I've resorted to ONLY giving her treats and feeding her in there, which seems to be helping in the exact moment. She'll stay put and enjoy her treat so long as it's not zipped up. Once it is though and she's actually confined, she loses interest in whatever treat and starts the screaming.
I really don't want to give up on this since I strongly believe in using a crate to keep them safe but this seems to just make her so stressed. Is there ever a point where a dog just doesn't ever grasp the self-soothing concept?
I know that she's very young, 10 weeks; and IF I just need to keep it up with the tough love I will do it. I just want to know that I'm on the right track.


----------



## CHITheresa (Apr 30, 2011)

I am having same problem with my 7 week old. the lady had blanket on floor and had them free run of kitchen. so now she cry's and cry's in cage. she messes every thing up. dumps her water dish and get every thing wet. I am going to go buy a water dish that attached to cage. once I take her out put on blanket she is happy. I just will keep working with her.


----------



## flippedstars (Dec 16, 2009)

You have to let her tough it out. I've had some that will go on for 2+ weeks. They're always fine in the end and "figure it out". I know its annoying, but for all the reasons you listed, crating is a good thing for a dog to be comfortable with. And its a good potty training tool!


----------



## LostLakeLua (Sep 6, 2009)

Ok! That's what I wanted to hear. Its nice to have some reassurance that she will eventually 'get it.' Its just sad seeing her get so worked up and exhausted; that much stress can't be for anyone.


----------



## omguthrie (Oct 13, 2009)

I'm sorry you're having such a time of it! I had one foster pup that took about a week to stop whining/screaming/barking in his crate. I finally had to move the crate to the farthest part of the house with the most doors and walls between my bedroom and the pup. I fed him in his crate and was kind but unsympathetic when he had to go in there (at night and whenever I wasn't home). There were several nights where he pitched a fit for hours and hours. I ignored it all and in the end he was fine with it. Just took a while!

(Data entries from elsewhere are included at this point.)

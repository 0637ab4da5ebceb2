-- ===== src/SpellRolls/Completed.antt =====
-- What the packets say that `Collector::observe` of src/spell_rolls.rs completes a cast with.
use wire_harness.Prelude.{
  ℕ, ◌≡◌, inl, inr, refl, sym, ap, ◌∙◌, Bool, true, false, ltb, ◌==◌, has, Option, none, some,
  Result, ok, err, Gives, Gives-bind, Bool-cases, arith, if◌then◌else◌,
}
use mathlib.Core.Path.{subst}
use wire_harness.Decode.Field.{Fields, Packet, unsigned, list, nil, cons, lookup}
use wire_harness.Reading.{is_time_ms, number}
use wire_harness.SpellRolls.Outcomes.{
  Error, missing_number, Category, miss, resist, crit, hit, partial, Counts, add, checked_suc,
}
use wire_harness.SpellRolls.{
  idle, start, same_pending, Collector, Outcome, guarded, counted, adding, settle, observe_start,
  landing, after_landing, observe_go, struck, after_strike, observe_damage, is_refusal, is_foreign,
  own_spell, observe,
}
use wire_harness.SpellRolls.Reported.{evasion, harm, Reported, Grown, Completed, evaded}
use wire_harness.SpellRolls.Reads.{is_guid-lookup, number-lookup, eq_of_test}
use wire_harness.SpellRolls.Said.{MissOf, LandedAs, landing-LandedAs, StruckAs, struck-StruckAs}

-- What holds of the collector behind an observation that completes a cast.
Completes : (Collector → Type 0) → Outcome → Type 0
Completes Q (ok true, t) = Q t
Completes Q o = Unit

Completes-guarded :
    {A : Type 0} (P : A → Type 0) (Q : Collector → Type 0) (r : Result Error A) (s : Collector)
    (next : A → Outcome)
    → Gives P r
    → ((a : A) → P a → Completes Q (next a))
    → Completes Q (guarded r s next)
unfolding guarded Completes Gives
Completes-guarded P Q (ok a) s next g h = h a g
Completes-guarded P Q (err e) s next g h = tt

Completes-counted :
    (Q : Collector → Type 0) (r : Result Error Counts) (s : Collector) (next : Collector → Outcome)
    → ((c : Counts) → r ≡ ok c → Completes Q (next (record s { counts = c })))
    → Completes Q (counted r s next)
unfolding counted Completes
Completes-counted Q (ok c) s next h = h c refl
Completes-counted Q (err e) s next h = tt

evasion-Grown :
    (c d : Counts) (resisted_it : Bool)
    → add (if resisted_it then resist else miss) c ≡ ok d
    → Grown (evasion resisted_it) c d
unfolding Grown evasion add checked_suc
evasion-Grown c d true h = ground (arith, h)
evasion-Grown c d false h = ground (arith, h)

harm-Grown :
    (c d : Counts) (critical : Bool)
    → add (if critical then crit else hit) c ≡ ok d
    → Grown (harm critical false) c d
unfolding Grown harm add checked_suc
harm-Grown c d true h = ground (arith, h)
harm-Grown c d false h = ground (arith, h)

part-Grown :
    (c d e : Counts) (critical : Bool)
    → Grown (harm critical false) c d
    → add partial d ≡ ok e
    → Grown (harm critical true) c e
unfolding Grown harm add checked_suc
part-Grown c d e critical g h = ground (arith, g, h)

-- A report that is counted, and leaves the collector idle.
Counted : Collector → Fields → ℕ → Collector → Type 0
Counted s fs opcode t =
    (by : Counts) × (Reported s fs opcode by
      × (Grown by s.counts t.counts × (t ≡ record s { pending = idle; counts = t.counts })))

after_landing-Counted :
    (s : Collector) (fs : Fields) (r : Option Category)
    → LandedAs s fs r
    → Completes (Counted s fs 0x0132) (after_landing s r)
unfolding after_landing LandedAs MissOf adding
after_landing-Counted s fs none h = unfold Completes in tt
after_landing-Counted s fs (some k) (p, (f, (no_hit, (one, (m, (e, (g, why))))))) =
    let only = one ∙ ap (λ x. some (list (cons x nil))) e in
    Completes-counted (Counted s fs 0x0132) (add k s.counts) s settle λ c added.
      unfold settle in
      unfold Completes in
      unfold Counted in
      elim why [
        | inl (kind, reason) ↦ (
          evasion false,
          (
            evaded false p no_hit only g reason,
            (evasion-Grown s.counts c false (subst (λ x. add x s.counts ≡ ok c) kind added), refl),
          ),
        )
        | inr (kind, reason) ↦ (
          evasion true,
          (
            evaded true p no_hit only g reason,
            (evasion-Grown s.counts c true (subst (λ x. add x s.counts ≡ ok c) kind added), refl),
          ),
        )
      ]

after_strike-Counted :
    (s : Collector) (fs : Fields) (k : Category) (part : Bool)
    → StruckAs s fs (k, part)
    → Completes (Counted s fs 0x0250) (after_strike s (k, part))
unfolding after_strike StruckAs adding settle Completes Counted
after_strike-Counted s fs k part (flags, (withheld, (kind, (rest, reported)))) =
    let Q = Counted s fs 0x0250 in
    Completes-counted Q (add k s.counts) s _ λ c added.
      let first =
        harm-Grown s.counts c (has flags 2) (subst (λ x. add x s.counts ≡ ok c) kind added) in
      elim (Bool-cases part) [
        | inl h ↦ rw h (
            Completes-counted Q (add partial c) (record s { counts = c }) settle
              λ d more. (
                harm (has flags 2) (ltb 0 withheld),
                (
                  reported,
                  (
                    subst (λ b. Grown (harm (has flags 2) b) s.counts d) (sym h ∙ rest)
                        (part-Grown s.counts c d (has flags 2) first more),
                    refl,
                  ),
                ),
              ))
        | inr h ↦ rw h (
          harm (has flags 2) (ltb 0 withheld),
          (
            reported,
            (subst (λ b. Grown (harm (has flags 2) b) s.counts c) (sym h ∙ rest) first, refl),
          ),
        )
      ]

Completes-if :
    (Q : Collector → Type 0) (b : Bool) (o o' : Outcome)
    → (b ≡ true → Completes Q o)
    → (b ≡ false → Completes Q o')
    → Completes Q (if b then o else o')
Completes-if Q true o o' h k = h refl
Completes-if Q false o o' h k = k refl

Completes-mono :
    (P Q : Collector → Type 0) (o : Outcome)
    → ((t : Collector) → P t → Q t)
    → Completes P o
    → Completes Q o
unfolding Completes
Completes-mono P Q (ok true, t) h c = h t c
Completes-mono P Q (ok false, t) h c = tt
Completes-mono P Q (err e, t) h c = tt

own_spell-lookup :
    (s : Collector) (p : Packet)
    → Gives (λ u. lookup "spell" p.fields ≡ some (unsigned s.spell_id)) (own_spell s p)
unfolding own_spell Gives
own_spell-lookup s p =
    let P = λ (u : Unit {0}). lookup "spell" p.fields ≡ some (unsigned s.spell_id) in
    Gives-bind (λ n. lookup "spell" p.fields ≡ some (unsigned n)) P
      (number missing_number "spell" p.fields) _ (number-lookup "spell" p.fields)
      λ n f. elim (Bool-cases (n == s.spell_id)) [
        | inl e ↦ rw e (f ∙ ap (λ x. some (unsigned x)) (eq_of_test n s.spell_id e))
        | inr e ↦ rw e tt
      ]

Counted-Completed :
    (s : Collector) (p : Packet) (opcode : ℕ) (t : Collector)
    → is_foreign s p ≡ false
    → lookup "spell" p.fields ≡ some (unsigned s.spell_id)
    → p.opcode ≡ opcode
    → Counted s p.fields opcode t
    → Completed s p t
unfolding Counted is_foreign
Counted-Completed s p opcode t own spell e (by, (reported, (grown, settled))) = record {
  own_caster = is_guid-lookup "caster" s.caster p.fields (ground (arith, own));
  own_cast = spell;
  by = by;
  reported = subst (λ n. Reported s p.fields n by) (sym e) reported;
  grown = grown;
  settled = settled;
}

Completes-nothing : (Q : Collector → Type 0) (t : Collector) → Completes Q (ok false, t)
unfolding Completes
Completes-nothing Q t = tt

Completes-error : (Q : Collector → Type 0) (e : Error) (t : Collector) → Completes Q (err e, t)
unfolding Completes
Completes-error Q e t = tt

start-Completes :
    (Q : Collector → Type 0) (s : Collector) (fs : Fields) → Completes Q (observe_start s fs)
unfolding observe_start guarded Completes
start-Completes Q s fs = elim (Bool-cases (same_pending s.pending start)) [
  | inl e ↦ elim (Bool-cases (is_time_ms "duration" s.cast_time_ms fs)) [
    | inl f ↦ rw (e, f) tt
    | inr f ↦ rw (e, f) tt
  ]
  | inr e ↦ rw e tt
]

observe-Completes : (s : Collector) (p : Packet) → Completes (Completed s p) (observe s p)
unfolding observe observe_go observe_damage
observe-Completes s p =
    let Q = Completed s p in
    Completes-if Q (is_refusal s p) _ _ (λ _. Completes-error Q _ _)
      λ _.
        Completes-if Q (is_foreign s p) _ _ (λ _. Completes-nothing Q _)
          λ own.
            Completes-guarded (λ u. lookup "spell" p.fields ≡ some (unsigned s.spell_id)) Q
              (own_spell s p) s _ (own_spell-lookup s p)
              λ _ spell.
                Completes-if Q (p.opcode == 0x0131) _ _ (λ _. start-Completes Q s p.fields)
                  (λ other.
                    Completes-if Q (p.opcode == 0x0132) _ _
                      (λ e.
                        Completes-guarded (LandedAs s p.fields) Q (landing s p.fields) s _
                          (landing-LandedAs s p.fields)
                          λ r landed.
                            Completes-mono (Counted s p.fields 0x0132) Q (after_landing s r)
                              (λ t.
                                Counted-Completed s p 0x0132 t own spell (eq_of_test p.opcode _ e))
                              (after_landing-Counted s p.fields r landed))
                      (λ e.
                        Completes-guarded (StruckAs s p.fields) Q (struck s p.fields) s _
                          (struck-StruckAs s p.fields)
                          λ (k, part) hurt.
                            Completes-mono (Counted s p.fields 0x0250) Q (after_strike s (k, part))
                              (λ t.
                                Counted-Completed s p 0x0250 t own spell
                                  (unfold is_foreign in ground (arith, own, other, e)))
                              (after_strike-Counted s p.fields k part hurt)))

-- A packet that completes a cast names the collector's caster and spell. Either it is a spell go
-- with no hit and one miss, of the target, for the reason 1 or 2, received when one was awaited, and
-- one miss or one resist is counted; or it is damage to the target, of the cast's school, above zero
-- and with nothing absorbed or blocked, received when it was awaited, and one crit is counted or one
-- hit, by the flag for it, and one partial resist when a part was resisted. No other count changes,
-- and nothing else of the collector does, but that it awaits no packet.
pub observe-Completed :
    (s t : Collector) (p : Packet) → observe s p ≡ (ok true, t) → Completed s p t
observe-Completed s t p h =
    unfold Completes in subst (Completes (Completed s p)) h (observe-Completes s p)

Grit your teeth and your pup will get there!


----------



## Tink (Oct 14, 2009)

I'm wondering if it might help if you switched to a more traditional crate? I don't know if dogs experience claustrophobia like humans do, but I DO know that Tango for example is MUCH more comfortable and at ease in his wire crate than he is in the doggy tote bag I have to carry them around in when I need to. Tango gets in it, but he makes it clear he DOESN'T LIKE IT!! I think because it's too enclosed.


----------



## LostLakeLua (Sep 6, 2009)

Tink said:


> I'm wondering if it might help if you switched to a more traditional crate? I don't know if dogs experience claustrophobia like humans do, but I DO know that Tango for example is MUCH more comfortable and at ease in his wire crate than he is in the doggy tote bag I have to carry them around in when I need to. Tango gets in it, but he makes it clear he DOESN'T LIKE IT!! I think because it's too enclosed.


I think you hit the nail on the head! I thought of this the other day after realizing we were making a lot of progress with being carried around in her actual purse; she was starting to enjoy it and I was afraid that locking her in something overnight like that *against* her will might cause her to regress with the purse training. So last night we put her in one of the regular wire crates. She did cry for about the first hour; then only for maybe 15 minutes in the middle of the night; and again in the morning once she heard us talking in bed. But other than that she slept fine. 
I put her in there today after some crazy playtime with Kahlua and she was pooped; sent her in with a Nylabone and she didn't make a peep, just went straight to sleep. Lets keep our fingers crossed she keeps up with the good work!


----------



## bayoumah (Nov 30, 2010)

hi i think your decision for the wire kennel is the answer good luck


----------



## Rocky (Jan 25, 2010)

Hi,

the only advice I have is, that you slowly try to get her used to it. So I would leave the bag open all times. Put some treats in, etc. And just make it a normal thing, without closing it up. Rocky is fine in his bag, as long as it is open, as soon as I close it, he goes mad. So I would make her really comfy in it first, without stressing her out when its closed. And only then start to close it up gradually and over time. Hope that helps


----------



## LostLakeLua (Sep 6, 2009)

Rocky said:


> Hi,
> 
> the only advice I have is, that you slowly try to get her used to it. So I would leave the bag open all times. Put some treats in, etc. And just make it a normal thing, without closing it up. Rocky is fine in his bag, as long as it is open, as soon as I close it, he goes mad. So I would make her really comfy in it first, without stressing her out when its closed. And only then start to close it up gradually and over time. Hope that helps


This is what I've been doing with her purse! I'm taking two different approaches now, I want to make sure she LIKES the purse and enjoys being in it. The crate however, is something she NEEDS to get used to. Since switching to the wire crate it seems like that solved it; she still will cry occasionally when she hears us wake up in the morning but she settles down right away for naps when I put her in. *Whew!* Talk about a relief, with how intense she was at first I didn't think it'd ever 'click.'
With her purse though I've been doing what you said; I leave it open and will randomly put treats in it. Lately when I pull it out she dives into it because she wants to see what new treats I'm giving her... I've been taking her out for short walks around the house and yard and randomly giving her tiny bits of hotdog and she's so far been very good about it. If I go too long without treating she starts getting antsy and tries climbing out (not very good being 4 feet off the ground); so I push her back in and say 'stay' and then after a few seconds of her staying still; give her the hotdog. I've been slowly increasing the time between hotdog bits and she's remained calm so far. 
Here's my girl during yesterdays 'purse time...'


----------



## guccigrande (Apr 17, 2011)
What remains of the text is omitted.